Figure 7. Superposition of experimental (Exp.) spectra and calculated results for absorption bands expressed as the oscillator strength f obtained with B3LYP (A) and CAM-B3LYP (B) levels of theory. The calculations with the CAM-B3LYP functional evidently overestimate the band energies. This is an effect of insufficient geometry optimization with the use of this functional together with the SMD solvation model. The experimental spectra for the XN species were normalized to 1. The oscillator strength f is indicated by the vertical lines.

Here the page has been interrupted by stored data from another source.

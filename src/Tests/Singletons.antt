-- ===== src/Tests/Singletons.antt =====
-- Two threads in `GetInstance` of TSingleton.
use cpplib.Prelude.{update, ℕ, ◌≤◌, ◌*◌, ◌≡◌, ◌⊎◌, refl, Option, none, some, arith}
use cpplib.TSingleton.{
  locking, checking, making, unlocking, returning, returned, misses, locks, misses_again,
  sees_again, makes, unlocks, returns, System, Step, pick, initial, Reach, start, later,
}
use cpplib.TSingleton.Once.{instance_unique}
use cpplib.TSingleton.Progress.{AllReturned, calls_return}

-- Both see NULL; thread 1 makes the object, and thread 0 finds it when it has the lock.
abbrev s1 : System
s1 = record {
  mem = record { p_instance = none; holder = none; allocated = 0 };
  pc = update initial.pc 0 (locking);
}

abbrev s2 : System
s2 = record {
  mem = record { p_instance = none; holder = none; allocated = 0 };
  pc = update s1.pc 1 (locking);
}

abbrev s3 : System
s3 = record {
  mem = record { p_instance = none; holder = some 1; allocated = 0 };
  pc = update s2.pc 1 (checking);
}

abbrev s4 : System
s4 = record {
  mem = record { p_instance = none; holder = some 1; allocated = 0 };
  pc = update s3.pc 1 (making);
}

abbrev s5 : System
s5 = record {
  mem = record { p_instance = some 0; holder = some 1; allocated = 1 };
  pc = update s4.pc 1 (unlocking);
}

abbrev s6 : System
s6 = record {
  mem = record { p_instance = some 0; holder = none; allocated = 1 };
  pc = update s5.pc 1 (returning);
}

abbrev s7 : System
s7 = record {
  mem = record { p_instance = some 0; holder = some 0; allocated = 1 };
  pc = update s6.pc 0 (checking);
}

abbrev s8 : System
s8 = record {
  mem = record { p_instance = some 0; holder = some 0; allocated = 1 };
  pc = update s7.pc 0 (unlocking);
}

abbrev s9 : System
s9 = record {
  mem = record { p_instance = some 0; holder = some 0; allocated = 1 };
  pc = update s8.pc 1 (returned (some 0));
}

abbrev s10 : System
s10 = record {
  mem = record { p_instance = some 0; holder = none; allocated = 1 };
  pc = update s9.pc 0 (returning);
}

abbrev s11 : System
s11 = record {
  mem = record { p_instance = some 0; holder = none; allocated = 1 };
  pc = update s10.pc 0 (returned (some 0));
}

both_return : Reach 2 11 s11
both_return =
    later {s = s10} {t = s11}
      (later {s = s9} {t = s10}
        (later {s = s8} {t = s9}
          (later {s = s7} {t = s8}
            (later {s = s6} {t = s7}
              (later {s = s5} {t = s6}
                (later {s = s4} {t = s5}
                  (later {s = s3} {t = s4}
                    (later {s = s2} {t = s3}
                      (later {s = s1} {t = s2}
                        (later {s = initial} {t = s1} (start) (pick 0 (omega arith) (misses refl)))
                        (pick 1 (omega arith) (misses refl)))
                      (pick 1 (omega arith) (locks refl)))
                    (pick 1 (omega arith) (misses_again refl)))
                  (pick 1 (omega arith) (makes)))
                (pick 1 (omega arith) (unlocks)))
              (pick 0 (omega arith) (locks refl)))
            (pick 0 (omega arith) (sees_again {p = 0} refl)))
          (pick 1 (omega arith) (returns)))
        (pick 0 (omega arith) (unlocks)))
      (pick 0 (omega arith) (returns))

instance_unique_example :
    (◌≡◌ {A = Option ℕ} (some 0) (some 0))
    × (◌≡◌ {A = Option ℕ} (some 0) (some 0))
    × (s11.mem.p_instance ≡ some 0)
    × (s11.mem.allocated ≡ 1)
instance_unique_example = instance_unique 2 11 0 1 s11 (some 0) (some 0) both_return refl refl

calls_return_example : (11 ≤ 2 * 6) × (AllReturned 2 s11.pc ⊎ ((t : System) × Step 2 s11 t))
calls_return_example = calls_return 2 11 s11 both_return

Figure 8. Experimental (Exp.) and calculated (Cal.) UV−vis spectra for the XN and XN3− in water. The two forms of XN were chosen because the neutral (XN) and trianion (XN3−) forms predominate at pH 2 and pH 12, respectively. The band structures are indicated by the vertical lines and are summarized in Table S1. The theoretical fwhm for the bands was set to 0.25 eV. For the neutral form, it was possible to determine approximately the contribution of 1b and 1a to be 1:4, respectively. In the case of the XN trianion, the calculated spectrum is red-shifted because strongly charged molecules are poorly described by the SMD solvation model.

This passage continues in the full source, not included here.